Current Treatment Approaches for Infants with Malignant Central Nervous System Tumors

Lucie Lafay-Cousin, Douglas Strother

Alberta Children's Hospital and Departments of Oncology and Pediatrics, Faculty of Medicine, University of Calgary, Calgary, Alberta, Canada

Key Words. Infants • Brain tumors • Chemotherapy • Radiation therapy

Correspondence: Correspondence: Lucie Lafay-Cousin, M.D., M.Sc., Alberta Children's Hospital, Pediatric Oncology, 2888 Shaganappi Trail NW, Calgary, Alberta, T3B 6A8, Canada. Telephone: 403-955-7203; Fax: 403-955-2645; e-mail: lucie.lafay-cousin{at}albertahealthservice.ca or luciecou{at}hotmail.com

Received August 27, 2008; accepted for publication February 16, 2009.

Disclosures: Lucie Lafay-Cousin: None; Douglas Strother: None. Section editors <disclosures to come>. The content of this article has been reviewed by independent peer reviewers to ensure that it is balanced, objective, and free from commercial bias.

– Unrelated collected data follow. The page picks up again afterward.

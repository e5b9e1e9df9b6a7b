-- ===== src/Programs/Ending.antt =====
-- server.cpp when the calls of asio succeed: what it sends, and that it ends.
use kernel_udp_tcp.Prelude.{
  ℕ, ◌%◌, ◌^◌, ◌≡◌, refl, ap, sym, subst, ◌++◌, ◌∙◌, true, false, List, [], ◌∷◌, Option, none, some,
  length, All, Text, if-true, arith,
}
use kernel_udp_tcp.Asio.{Asio, executor, Bytes, Endpoint, InternetProtocol, ipv4}
use kernel_udp_tcp.Asio.Action.{Outcome, ok, throw, ◌>>=◌, skip, ok->>=}
use kernel_udp_tcp.Asio.Success.{Succeeds}
use kernel_udp_tcp.Service.Lifecycle
use kernel_udp_tcp.Service.Lifecycle.{Move, runs, leaves, requested}
use kernel_udp_tcp.UdpServer
use kernel_udp_tcp.UdpServer.{UdpServer, no_overrides, of_port, submit, stop_handler}
use kernel_udp_tcp.UdpServer.Lifecycle.{run_start, stop}
use kernel_udp_tcp.UdpServer.Restart.{down, run_stop-down}
use kernel_udp_tcp.UdpServer.Success.{up, run_start_succeeds}
use kernel_udp_tcp.UdpServer.Step.{Completion, run_task}
use kernel_udp_tcp.Programs.MulticastServer.{message, Input, broadcast_loop, serve}
use kernel_udp_tcp.Programs.Broadcast.{IsMessage, all_typed, logged, loop_broadcasts}
use kernel_udp_tcp.Programs.Turns.{World, settled, taken, turn, turns, finish}
use kernel_udp_tcp.Programs.ServerMain.{handle, oldest, broadcasts_on, main}
use kernel_udp_tcp.Programs.Going.{going, gone, start_goes, stop_goes}
use kernel_udp_tcp.Programs.Asked.{made_for, asked, broadcasts_on-asked}

-- A socket that has just been opened is open, stays so when it sends, and can be closed.
pub record Sending {Socket : Type 0} (asio : Asio Socket) (IsNew IsOpen : Socket → Type 0)
    (log : Bytes → Endpoint → Socket → Socket) : Type 0 where
  pub whole :
      (b : Bytes) (e : Endpoint) (k : Socket) → asio.send_to b e k ≡ (log b e k, length b, none)
  pub opened : (k : Socket) → IsNew k → IsOpen k
  pub stays : (b : Bytes) (e : Endpoint) (k : Socket) → IsOpen k → IsOpen (log b e k)
  pub closes : (k : Socket) → IsOpen k → (asio.close k).1 ≡ none

module _ {Socket : Type 0} (asio : Asio Socket) where
  logged-stays :
      (IsNew IsOpen : Socket → Type 0) (log : Bytes → Endpoint → Socket → Socket)
      → Sending asio IsNew IsOpen log
      → (e : Endpoint) (ls : List Text) (k : Socket) → IsOpen k
      → IsOpen (logged asio log e ls k)
  logged-stays IsNew IsOpen log sending e [] k h = h
  logged-stays IsNew IsOpen log sending e (l ∷ ls) k h =
      logged-stays IsNew IsOpen log sending e ls (log (message l) e k)
        (sending.stays (message l) e k h)

  -- The thread runs the stop handler, the only one that the server has posted.
  turn_stops :
      (c : Completion) (t : UdpServer Socket)
      → t.started ≡ true
      → (asio.close t.socket).1 ≡ none
      → turns (oldest asio) (c ∷ []) (record {
        object = record t { pending = (executor t.strand_required, stop_handler) ∷ [] };
        service = going;
      })
        ≡ record { object = down asio (record t { pending = [] }); service = going }
  unfolding turns turn taken handle settled run_task
  turn_stops c t on closes =
      ap (λ o. settled o going) (run_stop-down asio (record t { pending = [] }) on closes)

  -- The stop of the server at the end of the loop only posts its handler.
  stop_asked :
      (s : UdpServer Socket)
      → s.started ≡ true
      → (stop asio no_overrides >>= λ _. skip) s ≡ ok tt (submit stop_handler s)
  unfolding stop
  stop_asked s on = ok->>= (stop asio no_overrides) (λ _. skip) s (if-true _ _ on)

  -- Once the thread has run the stop handler of the server, and that of the service's Stop.
  finish_goes :
      (c : Completion) (inputs : List (Input Socket)) (more : List Move) (s t : UdpServer Socket)
      → broadcast_loop asio inputs s ≡ some (ok tt t)
      → t.started ≡ true
      → t.pending ≡ []
      → (asio.close t.socket).1 ≡ none
      → finish (oldest asio) (c ∷ []) (runs 0 ∷ leaves 0 ∷ more) going (serve asio inputs s)
        ≡ some (ok tt (record { object = down asio (record t { pending = [] }); service = gone }))
  unfolding finish serve
  finish_goes c inputs more s t run on idle closes =
      ap
        (λ o.
          finish (oldest asio) (c ∷ []) (runs 0 ∷ leaves 0 ∷ more) going
            (elim o as (λ _. Option (Outcome (UdpServer Socket) (Unit {0}))) [
              | none ↦ none
              | some (ok done t) ↦ some ((stop asio no_overrides >>= λ _. skip) t)
              | some (throw e t) ↦ some (throw e t)
            ]))
        run
      ∙ ap (λ o. finish (oldest asio) (c ∷ []) (runs 0 ∷ leaves 0 ∷ more) going (some o))
          (stop_asked t on)
      ∙ ap stops (
          ap
            (λ p. turns (oldest asio) (c ∷ []) (record {
              object = record t { pending = p ++ (executor t.strand_required, stop_handler) ∷ [] };
              service = going;
            }))
            idle
          ∙ turn_stops c (record t { pending = [] }) on closes)
      ∙ ap
          (λ (o : Lifecycle.Outcome).
            elim o as (λ _. Option (Outcome (World (UdpServer Socket)) (Unit {0}))) [
              | none ↦ none
              | some (done, service, rest) ↦ some (
                  ok tt
                    (record { object = down asio (record t { pending = [] }); service = service }))
            ])
          (stop_goes more)
    where
      stops : World (UdpServer Socket) → Option (Outcome (World (UdpServer Socket)) (Unit {0}))
      stops w = elim (Lifecycle.stop (runs 0 ∷ leaves 0 ∷ more) w.service) [
        | none ↦ none
        | some (done, service, rest) ↦
            some (ok tt (record { object = w.object; service = service }))
      ]

  turn_goes :
      (c : Completion) (s u : UdpServer Socket)
      → run_start asio no_overrides (record s { pending = [] }) ≡ ok tt u
      → turns (oldest asio) (c ∷ []) (asked asio s going) ≡ record { object = u; service = going }
  unfolding turns turn taken handle settled run_task
  turn_goes c s u e = ap (λ o. settled o going) e

  module _ (IsClosed IsNew IsOpen : Socket → Type 0) (room : ℕ)
      (works : Succeeds asio IsClosed IsNew room) (log : Bytes → Endpoint → Socket → Socket)
      (sending : Sending asio IsNew IsOpen log) where
    -- The program of server.cpp ends, with every line sent that was typed: each, if it is a message,
    -- as one datagram to the group, in the order of typing, from the socket that was opened; the
    -- server is then stopped, its socket closed after the last datagram, and the service is stopped.
    -- Every call of asio succeeds, the address is valid, and the thread of the service runs the
    -- handlers of both starts before the lines are read, and those of both stops after them, in the
    -- order in which they are posted.
    pub main_ends :
        (id : Bytes) (socket : Socket) (unset : Endpoint) (address : Text) (port : ℕ)
        (c d : Completion) (ls : List Text) (starting ending : List Move)
        (h : InternetProtocol × Text)
        → IsClosed socket
        → asio.make_address address ≡ some h
        → All IsMessage ls
        → (k : Socket) × IsNew k
          × (w : World (UdpServer Socket)) × (main asio id socket unset address port
                (runs 0 ∷ starting)
                (c ∷ [])
                (all_typed ls)
                (d ∷ [])
                (runs 0 ∷ leaves 0 ∷ ending)
              ≡ some (ok tt w))
          × (w.object.socket
              ≡ (asio.close (
                  logged asio log
                    (made_for asio id socket unset h port).multicast_endpoint
                    ls
                    k)).0)
          × (w.object.datagrams_sent ≡ length ls % 2 ^ 64)
          × (w.object.started ≡ false)
          × (w.object.pending ≡ [])
          × (w.service.started ≡ false)
    unfolding main broadcasts_on of_port
    main_ends id socket unset address port c d ls starting ending h closed valid messages =
        let s = made_for asio id socket unset h port in
        let (k, new_k, started) =
          run_start_succeeds asio IsClosed IsNew room works no_overrides s refl closed in
        let v = up asio IsClosed IsNew room works no_overrides k s in
        let u : UdpServer Socket = record v { calls = UdpServer.on_started ∷ v.calls } in
        let (t, run, sent, counted, on, idle) =
          loop_broadcasts asio log ls u sending.whole refl (omega arith) messages in
        let closes : (asio.close t.socket).1 ≡ none = sending.closes t.socket (
          subst IsOpen (sym sent) (
            logged-stays IsNew IsOpen log sending u.multicast_endpoint ls k
              (sending.opened k new_k))) in
        (
          k,
          new_k,
          record { object = down asio (record t { pending = [] }); service = gone },
          ap goes (start_goes starting)
              ∙ broadcasts_on-asked asio id socket unset address port (c ∷ []) (all_typed ls)
                  (d ∷ []) (runs 0 ∷ leaves 0 ∷ ending) going h valid
              ∙ ap
                  (λ (w : World (UdpServer Socket)).
                    finish (oldest asio) (d ∷ []) (runs 0 ∷ leaves 0 ∷ ending) w.service
                      (serve asio (all_typed ls) w.object))
                  (turn_goes c s u started)
              ∙ finish_goes d (all_typed ls) ending u t run on idle closes,
          ap (λ x. (asio.close x).0) sent,
          omega (arith, counted),
          refl,
          refl,
          refl,
        )
      where
        goes : Lifecycle.Outcome → Option (Outcome (World (UdpServer Socket)) (Unit {0}))
        goes none = none
        goes (some (done, service, rest)) =
            broadcasts_on asio address port (of_port asio id false socket unset 0 ipv4) (c ∷ [])
              (all_typed ls) (d ∷ []) (runs 0 ∷ leaves 0 ∷ ending) service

The management of brain tumors in very young children remains a challenge for neuro-oncologists in large part because of the greater vulnerability of the developing brain to treatment-related toxicity. Nearly three decades of infant brain tumor clinical trials have led to significant progress in the delineation of prognostic factors and improvements in outcome. Innovative strategies that employ high-dose chemotherapy, intrathecal chemotherapy, modified focal irradiation, or combinations of these have been used to delay or avoid the use of conventional craniospinal irradiation in order to minimize the risk for deleterious neurocognitive impairment in survivors. However, it is difficult to evaluate the impact of such approaches on intellectual and functional outcome, and results to date are limited. This review covers the most recent therapeutic advances for the most common histological subtypes of malignant infant brain tumors: medulloblastoma, supratentorial primitive neuroectodermal tumor, ependymoma, atypical teratoid rhabdoid tumor, choroid plexus carcinoma, and high-grade glioma. Survival and neurocognitive outcome are emphasized.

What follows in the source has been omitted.